*WORK REQUEST:*
This exercise asks for every line of the material that includes the word "arith".

*DATASET RECORDS:*
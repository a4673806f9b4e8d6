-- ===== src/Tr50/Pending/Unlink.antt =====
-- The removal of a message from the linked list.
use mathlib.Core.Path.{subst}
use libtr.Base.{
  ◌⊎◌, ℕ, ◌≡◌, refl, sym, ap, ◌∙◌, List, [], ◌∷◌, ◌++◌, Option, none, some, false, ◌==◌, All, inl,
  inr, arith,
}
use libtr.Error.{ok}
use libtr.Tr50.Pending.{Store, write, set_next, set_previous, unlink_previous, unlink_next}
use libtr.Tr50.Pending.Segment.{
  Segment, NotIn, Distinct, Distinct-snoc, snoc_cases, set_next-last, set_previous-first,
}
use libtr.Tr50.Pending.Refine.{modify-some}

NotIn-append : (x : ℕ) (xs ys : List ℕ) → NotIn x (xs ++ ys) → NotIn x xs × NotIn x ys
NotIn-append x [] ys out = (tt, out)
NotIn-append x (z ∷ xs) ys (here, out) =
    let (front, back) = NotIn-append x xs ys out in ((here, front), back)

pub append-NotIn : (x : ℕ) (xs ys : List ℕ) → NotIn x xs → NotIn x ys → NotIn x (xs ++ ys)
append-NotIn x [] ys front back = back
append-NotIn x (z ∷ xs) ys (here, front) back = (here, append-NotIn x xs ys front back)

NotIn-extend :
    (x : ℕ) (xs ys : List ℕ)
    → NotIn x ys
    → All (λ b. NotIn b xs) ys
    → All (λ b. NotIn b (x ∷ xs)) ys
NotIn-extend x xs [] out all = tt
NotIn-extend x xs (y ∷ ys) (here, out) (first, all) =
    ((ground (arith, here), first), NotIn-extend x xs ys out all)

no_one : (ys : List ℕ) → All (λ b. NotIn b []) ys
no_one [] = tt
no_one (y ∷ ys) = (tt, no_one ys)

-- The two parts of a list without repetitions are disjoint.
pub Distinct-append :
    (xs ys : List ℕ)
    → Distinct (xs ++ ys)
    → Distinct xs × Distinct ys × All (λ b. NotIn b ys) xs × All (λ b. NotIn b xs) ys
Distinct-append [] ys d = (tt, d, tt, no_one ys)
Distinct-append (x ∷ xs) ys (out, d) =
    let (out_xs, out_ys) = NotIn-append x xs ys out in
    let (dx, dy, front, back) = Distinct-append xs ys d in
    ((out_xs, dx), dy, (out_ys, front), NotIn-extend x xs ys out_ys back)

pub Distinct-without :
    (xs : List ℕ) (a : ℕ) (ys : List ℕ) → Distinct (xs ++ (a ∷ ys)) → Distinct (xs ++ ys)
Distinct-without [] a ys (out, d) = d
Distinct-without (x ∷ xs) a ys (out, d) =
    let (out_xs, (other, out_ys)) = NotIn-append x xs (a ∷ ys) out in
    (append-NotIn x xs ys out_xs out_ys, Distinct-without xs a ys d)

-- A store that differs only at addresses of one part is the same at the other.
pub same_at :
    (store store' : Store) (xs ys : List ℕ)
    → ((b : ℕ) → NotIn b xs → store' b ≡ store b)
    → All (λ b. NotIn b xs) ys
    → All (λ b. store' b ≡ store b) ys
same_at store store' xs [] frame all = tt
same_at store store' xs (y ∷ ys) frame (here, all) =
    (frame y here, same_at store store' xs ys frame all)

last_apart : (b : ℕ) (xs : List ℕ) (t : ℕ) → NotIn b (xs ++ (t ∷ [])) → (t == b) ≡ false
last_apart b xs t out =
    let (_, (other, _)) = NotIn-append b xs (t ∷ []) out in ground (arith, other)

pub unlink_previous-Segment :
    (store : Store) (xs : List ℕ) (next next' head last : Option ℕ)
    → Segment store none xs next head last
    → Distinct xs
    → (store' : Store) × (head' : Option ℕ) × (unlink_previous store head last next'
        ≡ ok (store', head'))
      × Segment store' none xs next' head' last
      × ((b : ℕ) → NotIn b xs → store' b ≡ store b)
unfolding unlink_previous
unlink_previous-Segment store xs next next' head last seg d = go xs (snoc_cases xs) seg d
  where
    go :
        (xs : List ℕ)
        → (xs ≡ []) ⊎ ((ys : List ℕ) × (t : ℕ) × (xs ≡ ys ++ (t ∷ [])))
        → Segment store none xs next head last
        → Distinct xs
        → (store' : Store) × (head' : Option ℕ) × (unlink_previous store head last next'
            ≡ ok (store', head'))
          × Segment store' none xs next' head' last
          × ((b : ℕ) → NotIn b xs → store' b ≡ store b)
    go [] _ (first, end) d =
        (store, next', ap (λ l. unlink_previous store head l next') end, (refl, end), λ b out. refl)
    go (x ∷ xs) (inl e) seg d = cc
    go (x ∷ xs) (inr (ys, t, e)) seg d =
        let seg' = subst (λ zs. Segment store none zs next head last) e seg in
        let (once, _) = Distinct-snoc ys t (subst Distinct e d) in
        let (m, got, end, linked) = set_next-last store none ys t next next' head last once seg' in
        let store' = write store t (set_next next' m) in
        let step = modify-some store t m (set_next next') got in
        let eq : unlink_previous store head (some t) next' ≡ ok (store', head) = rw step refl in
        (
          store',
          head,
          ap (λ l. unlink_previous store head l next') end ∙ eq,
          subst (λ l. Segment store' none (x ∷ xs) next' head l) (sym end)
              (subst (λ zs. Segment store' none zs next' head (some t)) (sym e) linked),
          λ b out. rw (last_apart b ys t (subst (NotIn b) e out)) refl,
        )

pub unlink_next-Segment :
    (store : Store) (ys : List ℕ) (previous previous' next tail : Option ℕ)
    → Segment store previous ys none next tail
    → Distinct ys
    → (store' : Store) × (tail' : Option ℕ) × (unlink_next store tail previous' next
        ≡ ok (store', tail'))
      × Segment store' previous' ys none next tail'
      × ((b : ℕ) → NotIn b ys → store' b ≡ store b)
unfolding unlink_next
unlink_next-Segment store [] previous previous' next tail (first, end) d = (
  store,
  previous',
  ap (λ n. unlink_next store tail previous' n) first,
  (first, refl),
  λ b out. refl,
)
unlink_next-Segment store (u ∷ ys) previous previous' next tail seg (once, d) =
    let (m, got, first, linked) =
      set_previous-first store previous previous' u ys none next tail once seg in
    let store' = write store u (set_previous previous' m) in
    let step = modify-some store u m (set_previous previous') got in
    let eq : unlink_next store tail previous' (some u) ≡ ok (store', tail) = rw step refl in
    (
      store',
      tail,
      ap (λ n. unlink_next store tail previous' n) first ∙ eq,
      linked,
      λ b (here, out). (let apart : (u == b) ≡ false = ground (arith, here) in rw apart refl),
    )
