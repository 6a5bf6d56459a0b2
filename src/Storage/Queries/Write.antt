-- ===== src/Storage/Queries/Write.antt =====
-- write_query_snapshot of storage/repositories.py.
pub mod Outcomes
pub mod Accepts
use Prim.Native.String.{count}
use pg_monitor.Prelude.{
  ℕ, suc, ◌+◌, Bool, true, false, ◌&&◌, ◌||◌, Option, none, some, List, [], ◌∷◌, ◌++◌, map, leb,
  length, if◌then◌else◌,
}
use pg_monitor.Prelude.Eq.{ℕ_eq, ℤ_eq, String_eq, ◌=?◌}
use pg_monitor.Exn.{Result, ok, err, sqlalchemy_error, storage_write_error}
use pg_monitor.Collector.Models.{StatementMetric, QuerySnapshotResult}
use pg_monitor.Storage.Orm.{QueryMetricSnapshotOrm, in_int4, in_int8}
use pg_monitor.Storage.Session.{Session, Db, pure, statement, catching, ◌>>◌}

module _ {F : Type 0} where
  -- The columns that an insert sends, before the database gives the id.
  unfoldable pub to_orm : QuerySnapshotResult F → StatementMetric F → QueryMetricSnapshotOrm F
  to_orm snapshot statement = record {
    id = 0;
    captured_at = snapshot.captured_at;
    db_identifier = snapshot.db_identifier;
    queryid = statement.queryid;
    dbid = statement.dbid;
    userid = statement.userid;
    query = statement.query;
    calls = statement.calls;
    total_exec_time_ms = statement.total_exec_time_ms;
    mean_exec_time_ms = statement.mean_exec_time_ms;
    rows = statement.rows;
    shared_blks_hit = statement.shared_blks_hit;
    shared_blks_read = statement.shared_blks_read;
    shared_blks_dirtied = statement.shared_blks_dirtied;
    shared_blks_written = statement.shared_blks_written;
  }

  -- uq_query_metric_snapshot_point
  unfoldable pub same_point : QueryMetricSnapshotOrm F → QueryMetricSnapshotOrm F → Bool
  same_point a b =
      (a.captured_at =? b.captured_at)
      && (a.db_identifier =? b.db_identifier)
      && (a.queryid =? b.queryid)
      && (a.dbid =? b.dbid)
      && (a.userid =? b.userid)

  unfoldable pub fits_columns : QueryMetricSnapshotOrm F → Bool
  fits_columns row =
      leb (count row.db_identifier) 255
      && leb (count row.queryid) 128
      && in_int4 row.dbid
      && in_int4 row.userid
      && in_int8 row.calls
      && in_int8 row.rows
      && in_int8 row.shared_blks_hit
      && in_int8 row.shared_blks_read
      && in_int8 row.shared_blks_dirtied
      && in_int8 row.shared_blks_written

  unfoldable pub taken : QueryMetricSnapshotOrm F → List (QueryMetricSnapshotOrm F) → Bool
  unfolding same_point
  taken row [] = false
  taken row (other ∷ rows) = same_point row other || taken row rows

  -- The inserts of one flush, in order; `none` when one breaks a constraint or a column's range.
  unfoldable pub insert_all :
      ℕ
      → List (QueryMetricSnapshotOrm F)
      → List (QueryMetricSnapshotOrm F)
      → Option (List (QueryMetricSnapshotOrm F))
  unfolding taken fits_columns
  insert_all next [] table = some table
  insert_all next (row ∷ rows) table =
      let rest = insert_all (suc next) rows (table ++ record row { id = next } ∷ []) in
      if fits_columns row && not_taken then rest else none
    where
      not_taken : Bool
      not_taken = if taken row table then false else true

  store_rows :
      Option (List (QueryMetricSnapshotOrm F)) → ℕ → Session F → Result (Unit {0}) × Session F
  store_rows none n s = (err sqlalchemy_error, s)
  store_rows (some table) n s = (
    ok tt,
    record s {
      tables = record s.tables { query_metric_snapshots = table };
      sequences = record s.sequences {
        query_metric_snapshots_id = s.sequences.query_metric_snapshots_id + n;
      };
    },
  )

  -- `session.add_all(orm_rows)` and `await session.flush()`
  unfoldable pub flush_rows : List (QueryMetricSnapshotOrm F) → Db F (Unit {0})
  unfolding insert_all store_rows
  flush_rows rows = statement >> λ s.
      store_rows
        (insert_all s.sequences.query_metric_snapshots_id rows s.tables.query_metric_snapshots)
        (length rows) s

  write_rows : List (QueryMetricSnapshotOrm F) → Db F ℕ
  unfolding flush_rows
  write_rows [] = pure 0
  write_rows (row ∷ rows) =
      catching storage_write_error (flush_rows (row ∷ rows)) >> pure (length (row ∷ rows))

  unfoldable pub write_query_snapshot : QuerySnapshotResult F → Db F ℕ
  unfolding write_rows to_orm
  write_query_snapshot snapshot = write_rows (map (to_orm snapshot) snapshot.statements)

*EXPECTED OUTPUT:*
  inr, arith,
    ((ground (arith, here), first), NotIn-extend x xs ys out all)
    let (_, (other, _)) = NotIn-append b xs (t ∷ []) out in ground (arith, other)
      λ b (here, out). (let apart : (u == b) ≡ false = ground (arith, here) in rw apart refl),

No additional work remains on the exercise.